[Problem description]: From the listing below, output only the lines starting at the line that has "Row-account_of account i" and ending at the line that has "input ≡ ok (db', o)", exactly as they appear, ends included.

[Extracted material]:
-- ===== src/Points/Reserve.antt =====
-- `reservePointsOrder` of go/points_orders.go: a reservation takes points that are there, once for a
-- reference.
use text.Mathlib.TextPositions.{eq_refl}
use erdai_agent.Prelude.{
  ℕ, true, false, not, if◌then◌else◌, String, Option, none, some, ◌≡◌, arith, List, [], ◌∷◌, ℤ, pos,
  neg, ◌+ℤ◌, ◌≤ℤ◌, inl, inr, ◌⊎◌, Bool-cases, Option-cases, str_eq, eq_iff, ap, ap₂, ◌∙◌, sym,
  subst, ltb_ℤ, All,
}
use erdai_agent.Core.{Env, ok, >>=-eq-ok, guard, or_fail, or_fail-eq-ok, conflict, failed}
use erdai_agent.Points.Store.{
  Identity, IdentityRow, Order, Db, account_of, is_account, total, same_identity, canonical,
  balance, insert_entry,
}
use erdai_agent.Points.Accounts.{touch}
use erdai_agent.Points.Orders.{
  OrderInput, Reservation, check_order, find_order, same_order, first_identity, least, identity_lt,
  debit_entry, order_row, insert_order, place_order, reserve_in, reserve_order,
}
use erdai_agent.Points.Totals.{balance-total, part}
use erdai_agent.Points.Conserve.{points_of, insert_entry-points}

-- the primary key of `agent_points_identities`
abbrev pub Keyed : List IdentityRow → Type 0
Keyed [] = Unit {0}
Keyed (r ∷ rs) = All (λ q. same_identity r.identity q.identity ≡ false) rs × Keyed rs

-- some row gives the identity to the account
abbrev pub Row : String → Identity → List IdentityRow → Type 0
Row id i [] = ⊥
Row id i (r ∷ rs) = ((r.identity ≡ i) × (str_eq r.account_id id ≡ true)) ⊎ Row id i rs

least_cases : (a k : Identity) → (least a (some k) ≡ some a) ⊎ (least a (some k) ≡ some k)
least_cases a k = elim (Bool-cases (identity_lt k a)) [ inl y ↦ inr (rw y) | inr n ↦ inl (rw n) ]

pub first_identity-Row :
    (id : String) (rows : List IdentityRow) {i : Identity}
    → first_identity id rows ≡ some i
    → Row id i rows
unfolding first_identity
first_identity-Row id [] h = cc
first_identity-Row id (r ∷ rs) {i} h = elim (Bool-cases (str_eq r.account_id id)) [
  | inr n ↦ inr (first_identity-Row id rs (ground arith))
  | inl y ↦ elim (Option-cases (first_identity id rs)) [
    | inl p ↦ inl (ground arith, y)
    | inr (k, p) ↦ elim (least_cases r.identity k) [
      | inl q ↦ let e : r.identity ≡ i = ground arith in inl (e, y)
      | inr q ↦
          let e : k ≡ i = ground arith in
          inr (subst (λ v. Row id v rs) e (first_identity-Row id rs p))
    ]
  ]
]

pub same_identity_refl : (i : Identity) → same_identity i i ≡ true
same_identity_refl i = rw (eq_refl i.transport, eq_refl i.transport_instance, eq_refl i.sender_ref)

Row-apart :
    (id : String) (a i : Identity) (rows : List IdentityRow)
    → All (λ q. same_identity a q.identity ≡ false) rows
    → Row id i rows
    → same_identity a i ≡ false
Row-apart id a i [] h r = absurd r
Row-apart id a i (q ∷ rs) h (inl (e, y)) = subst (λ v. same_identity a v ≡ false) e h.0
Row-apart id a i (q ∷ rs) h (inr r) = Row-apart id a i rs h.1 r

pub Row-account_of :
    (id : String) (i : Identity) (rows : List IdentityRow)
    → Keyed rows
    → Row id i rows
    → is_account (account_of i rows) id ≡ true
unfolding account_of
Row-account_of id i [] k r = absurd r
Row-account_of id i (q ∷ rs) k (inl (e, y)) =
    let s = subst (λ v. same_identity q.identity v ≡ true) e (same_identity_refl q.identity) in
    rw s y
Row-account_of id i (q ∷ rs) k (inr r) =
    let s = Row-apart id q.identity i rs k.0 r in rw s (Row-account_of id i rs k.1 r)

pub is_account-only :
    (o : Option String) (id acc : String)
    → is_account o id ≡ true
    → is_account o acc ≡ str_eq id acc
is_account-only none id acc h = cc
is_account-only (some a) id acc h = ap (λ v. str_eq v acc) ((eq_iff a id).0 h)

-- what a reservation takes from an account
abbrev pub taken : Order → String → ℤ
taken o account = if str_eq o.account_id account then neg (pos o.points) else pos 0

pub insert_order-effect :
    (o : Order) (db : Db) {db' : Db}
    → insert_order o db ≡ ok db'
    → (db'.identities ≡ db.identities) × (db'.entries ≡ db.entries)
unfolding insert_order
insert_order-effect o db h = ground arith

enough :
    (available : ℤ) (n : ℕ)
    → guard (not (ltb_ℤ available (pos n))) (conflict "insufficient_points") ≡ ok tt
    → pos n ≤ℤ available
enough available n h = ground arith

pub record Placed (db db' : Db) (account : String) (r : Reservation) (o : Order) : Type 0 where
  pub afford : pos o.points ≤ℤ points_of db account
  pub at_account : o.account_id ≡ account
  pub amount : o.points ≡ r.points
  pub moves : (id : String) → points_of db' id ≡ points_of db id +ℤ taken o id

pub place_order-Placed :
    (e : Env) (db : Db) (account : String) (r : Reservation) {db' : Db} {o : Order}
    → Keyed db.identities
    → place_order e db account r ≡ ok (db', o)
    → Placed db db' account r o
unfolding place_order insert_order
place_order-Placed e db account r {db'} {o} k h =
    let (available, p, h₁) = >>=-eq-ok (balance db account) _ h in
    let (_, g, h₂) =
      >>=-eq-ok (guard (not (ltb_ℤ available (pos r.points))) (conflict "insufficient_points")) _
        h₁ in
    let (i, f, h₃) =
      >>=-eq-ok
        (or_fail (first_identity account db.identities) (failed "sql: no rows in result set")) _
        h₂ in
    let (id, _, h₄) = >>=-eq-ok (or_fail e.new_id (failed "random identifier")) _ h₃ in
    let (db₁, q, h₅) = >>=-eq-ok (insert_order (order_row e id account i r) db) _ h₄ in
    let (db₂, w, h₆) = >>=-eq-ok (insert_entry (debit_entry e id i r) db₁) _ h₅ in
    let (rows, entries) = insert_order-effect (order_row e id account i r) db q in
    let same : o ≡ order_row e id account i r = ground arith in
    let same' : db' ≡ db₂ = ground arith in
    let owner =
      Row-account_of account i db.identities k
        (first_identity-Row account db.identities (or_fail-eq-ok _ _ f)) in
    record {
      afford =
          subst (λ x. pos x.points ≤ℤ points_of db account) (sym same)
            (subst (λ v. pos r.points ≤ℤ v) (balance-total db account p)
              (enough available r.points g));
      at_account = ap (λ x. x.account_id) same;
      amount = ap (λ x. x.points) same;
      moves = λ acc.
          ap (λ d. points_of d acc) same'
          ∙ insert_entry-points (debit_entry e id i r) db₁ acc w
          ∙ ap₂ (λ rs xs. total rs acc xs +ℤ part rs acc (debit_entry e id i r)) rows entries
          ∙ ap (λ b. points_of db acc +ℤ (if b then neg (pos r.points) else pos 0))
              (is_account-only (account_of i db.identities) account acc owner)
          ∙ ap (λ x. points_of db acc +ℤ taken x acc) (sym same);
    }

-- A reservation that succeeds either finds the order of its reference, returns it and changes
-- nothing, or takes the order's points from one account that has them, so that its balance does not
-- fall below zero, and leaves every other balance as it was.
pub reserve_takes :
    (e : Env) (db : Db) (input : OrderInput) {db' : Db} {o : Order}
    → Keyed db.identities
    → reserve_order e db input ≡ ok (db', o)
    → (r : Reservation) × (check_order input ≡ ok r)
      × (((db' ≡ db) × (find_order r.source r.external_ref db.orders ≡ some o))
          ⊎ ((find_order r.source r.external_ref db.orders ≡ none)
              × (o.points ≡ r.points)
              × (pos o.points ≤ℤ points_of db o.account_id)
              × ((account : String)
                  → points_of db' account ≡ points_of db account +ℤ taken o account)))
unfolding reserve_order reserve_in
reserve_takes e db input {db'} {o} k h =
    let (r, c, h₁) = >>=-eq-ok (check_order input) _ h in
    let touched = record db { accounts = touch e r.account_id db.accounts } in
    let (account, _, h₂) = >>=-eq-ok (canonical touched r.account_id) _ h₁ in
    (
      r,
      c,
      elim (Option-cases (find_order r.source r.external_ref db.orders)) [
        | inr (x, f) ↦ elim (Bool-cases (same_order x account r)) [
          | inl y ↦ let q : o ≡ x = ground arith in inl (ground arith, f ∙ ap some (sym q))
          | inr n ↦ absurd (ground arith)
        ]
        | inl f ↦
            let g : place_order e touched account r ≡ ok (db', o) = ground arith in
            let p = place_order-Placed e touched account r k g in
            inr (
              f,
              p.amount,
              subst (λ a. pos o.points ≤ℤ points_of db a) (sym p.at_account) p.afford,
              p.moves,
            )
      ],
    )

[Answer to the exercise]:
      Row-account_of account i db.identities k
        (first_identity-Row account db.identities (or_fail-eq-ok _ _ f)) in
    record {
      afford =
          subst (λ x. pos x.points ≤ℤ points_of db account) (sym same)
            (subst (λ v. pos r.points ≤ℤ v) (balance-total db account p)
              (enough available r.points g));
      at_account = ap (λ x. x.account_id) same;
      amount = ap (λ x. x.points) same;
      moves = λ acc.
          ap (λ d. points_of d acc) same'
          ∙ insert_entry-points (debit_entry e id i r) db₁ acc w
          ∙ ap₂ (λ rs xs. total rs acc xs +ℤ part rs acc (debit_entry e id i r)) rows entries
          ∙ ap (λ b. points_of db acc +ℤ (if b then neg (pos r.points) else pos 0))
              (is_account-only (account_of i db.identities) account acc owner)
          ∙ ap (λ x. points_of db acc +ℤ taken x acc) (sym same);
    }

-- A reservation that succeeds either finds the order of its reference, returns it and changes
-- nothing, or takes the order's points from one account that has them, so that its balance does not
-- fall below zero, and leaves every other balance as it was.
pub reserve_takes :
    (e : Env) (db : Db) (input : OrderInput) {db' : Db} {o : Order}
    → Keyed db.identities
    → reserve_order e db input ≡ ok (db', o)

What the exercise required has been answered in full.